I will say that had I married a lesser man, I wouldn’t have a marriage. It’s been a rough ride. And he is wonderful and positive and confident in the road less taken.
It’s taken me the better part of four years to be comfortable, and yes, happy, with the decision to adopt. Am I really happy about it? I’m happy because of that peace that descends once a decision is made. I’m happy that we will still have a family together, although created differently than what we originally had in mind. I’m happy that I have a placid home life. I’m happy to be able to offer that happy, placid home life to a child or children. I’m happy I have a husband I’m still crazy about, and happy that I haven’t destroyed our relationship. I’m happy our finances are intact. I’m happy we have a house with a yard.
I’ll always mourn the fact that I won’t experience pregnancy and birth. I’ll always mourn that a child we raise won’t have my mother’s hairline, or DH’s big and beautiful brown eyes, or the looks from either side of the family we would be searching so expectantly for. It was a shattering thing to come around to, but I’m there, finally.
It’s okay now. DH was always on board (hell, he suggested it first, remember) with the decision to adopt, and we are going into it holding hands. I’m confident, he’s confident, we’re not at all nervous for the upcoming home study next Friday, and I have no doubt we’ll be certified in due time.

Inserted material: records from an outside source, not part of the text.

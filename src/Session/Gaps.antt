-- ===== src/Session/Gaps.antt =====
-- What the handlers let through: none of them but `finishResourcePackFlow` looks at the state.
use open_ai_mc_be_server.Prelude.{ap, sym, arith, ◌==◌, ℕ, Bool, true, false, ◌≡◌, ◌∙◌, none}
use open_ai_mc_be_server.Session.State.{
  player_joined, spawned_players_except, ignore, update, await_network_settings, spawned, Client,
  Message, Server, Handler, assign,
}
use open_ai_mc_be_server.Session.Players.{write_packet_to_clients, spawn_to_initialised_players}
use open_ai_mc_be_server.Session.Packets.{is_disconnected, set_local_player_as_initialised}
use open_ai_mc_be_server.Session.Handlers.{
  dispatch, handle_packet, handle_set_local_player_as_initialised,
}
use open_ai_mc_be_server.Session.Writes.{
  WritesOnly->>, spawn_to_initialised_players-WritesOnly, write_packet_to_clients-WritesOnly,
}

eqb_self : (n : ℕ) → (n == n) ≡ true
eqb_self n = ground arith

module _ (delivers : ℕ → Message → Bool) (current : ℕ) where
  -- The client that names its own runtime id is spawned, and nothing else of any client changes.
  pub initialised-clients :
      (ref id : ℕ) (s : Server)
      → id ≡ (s.clients ref).runtime_id
      → (handle_set_local_player_as_initialised delivers current ref id s).1.clients
        ≡ update ref (record (s.clients ref) { state = spawned }) s.clients
  unfolding handle_set_local_player_as_initialised assign
  initialised-clients ref id s e =
      let start : Server = record s {
        clients = update ref (record (s.clients ref) { state = spawned }) s.clients;
      } in
      let told : Handler =
        ignore (λ s'.
          write_packet_to_clients delivers (spawned_players_except s' ref) player_joined s') in
      rw (e, eqb_self)
        ((WritesOnly->> (spawn_to_initialised_players delivers ref) told
          (spawn_to_initialised_players-WritesOnly delivers ref)
          (λ s'.
            write_packet_to_clients-WritesOnly delivers (spawned_players_except s' ref)
              player_joined s')
          start).same_clients)

  -- A client that awaits the network settings, with the runtime id 0 and no login, is spawned
  -- with no login by a SetLocalPlayerAsInitialised packet that names the id 0, in online mode
  -- or not and whichever writes fail.
  pub spawned_without_login :
      (ref : ℕ) (s : Server)
      → (s.clients ref).state ≡ await_network_settings
      → (s.clients ref).runtime_id ≡ 0
      → (s.clients ref).login ≡ none
      → let after =
          ((handle_packet delivers current ref (set_local_player_as_initialised 0) s).1.clients
            ref) in
        (after.state ≡ spawned) × (after.login ≡ none)
  unfolding handle_packet dispatch
  spawned_without_login ref s st rid lg =
      let after = initialised-clients ref 0 s (sym rid) in
      rw live (
        ap (λ (f : ℕ → Client). (f ref).state) after ∙ ap (λ (c : Client). c.state) here,
        ap (λ (f : ℕ → Client). (f ref).login) after ∙ ap (λ (c : Client). c.login) here ∙ lg,
      )
    where
      live : is_disconnected (s.clients ref).state ≡ false
      live = rw st

      here :
          update ref (record (s.clients ref) { state = spawned }) s.clients ref
          ≡ record (s.clients ref) { state = spawned }
      here = rw eqb_self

But that acceptance, as so many know so well, has come at a high price. The price is surrendering a part of lifelong dreams... but such is the human spirit that a heartbroken person can overcome crushing sorrows to build a new dream.
4 comments:
I couldn't have said this better myself. I think sometimes people get so consumed with getting pregnant they lose sight of their real goal, being parents. I am so glad that you are at a peaceful place and are able to move forward happily and together. Good luck on the homestudy next Friday. Can't wait to hear how it goes!
Erica
You put it so well! It took us (well, really me...my dh mentioned adoption first also) 3 years to go from our last failed IVF to deciding to actively pursue adoption. I had a lot of things to get over and accept. It took me a while to get past the fact that I will never experience pregnancy. I blame our diagnosis of unexplained infertility on my difficulty with moving forward. Now, I sometimes think we wasted those 3 years...that if went right into the adoption process after IVF, we would have a child or children by now. But when I think about it, they weren't wasted. I needed to go through that so that I could go wholeheartedly into adoption. Also, for 3 years, dh and I could enjoy marriage without the needles, meds, doctors, etc. I know that I truly want to be a mom and adoption is going to get me to that goal. Not that I still don't have those days where everything is unfair, can't believe we still don't have kids after 10 years, etc. (this is usually after I spend too much time on facebook lol).
Best of luck in your journey! And good luck with the homestudy!
Wonderfully stated. We came to the decision to adopt also without going down the infertility treatment path. The tiny bit we did do was emotionally wasting and heartwrenching. I can't imagine going through even more of it.
Good luck with your homestudy!!
I just found your blog today, and it looks like we're at about the same point - you're a few weeks ahead of us as we're about to submit our application to an agency tomorrow. I'll look forward to following your journey. Good luck!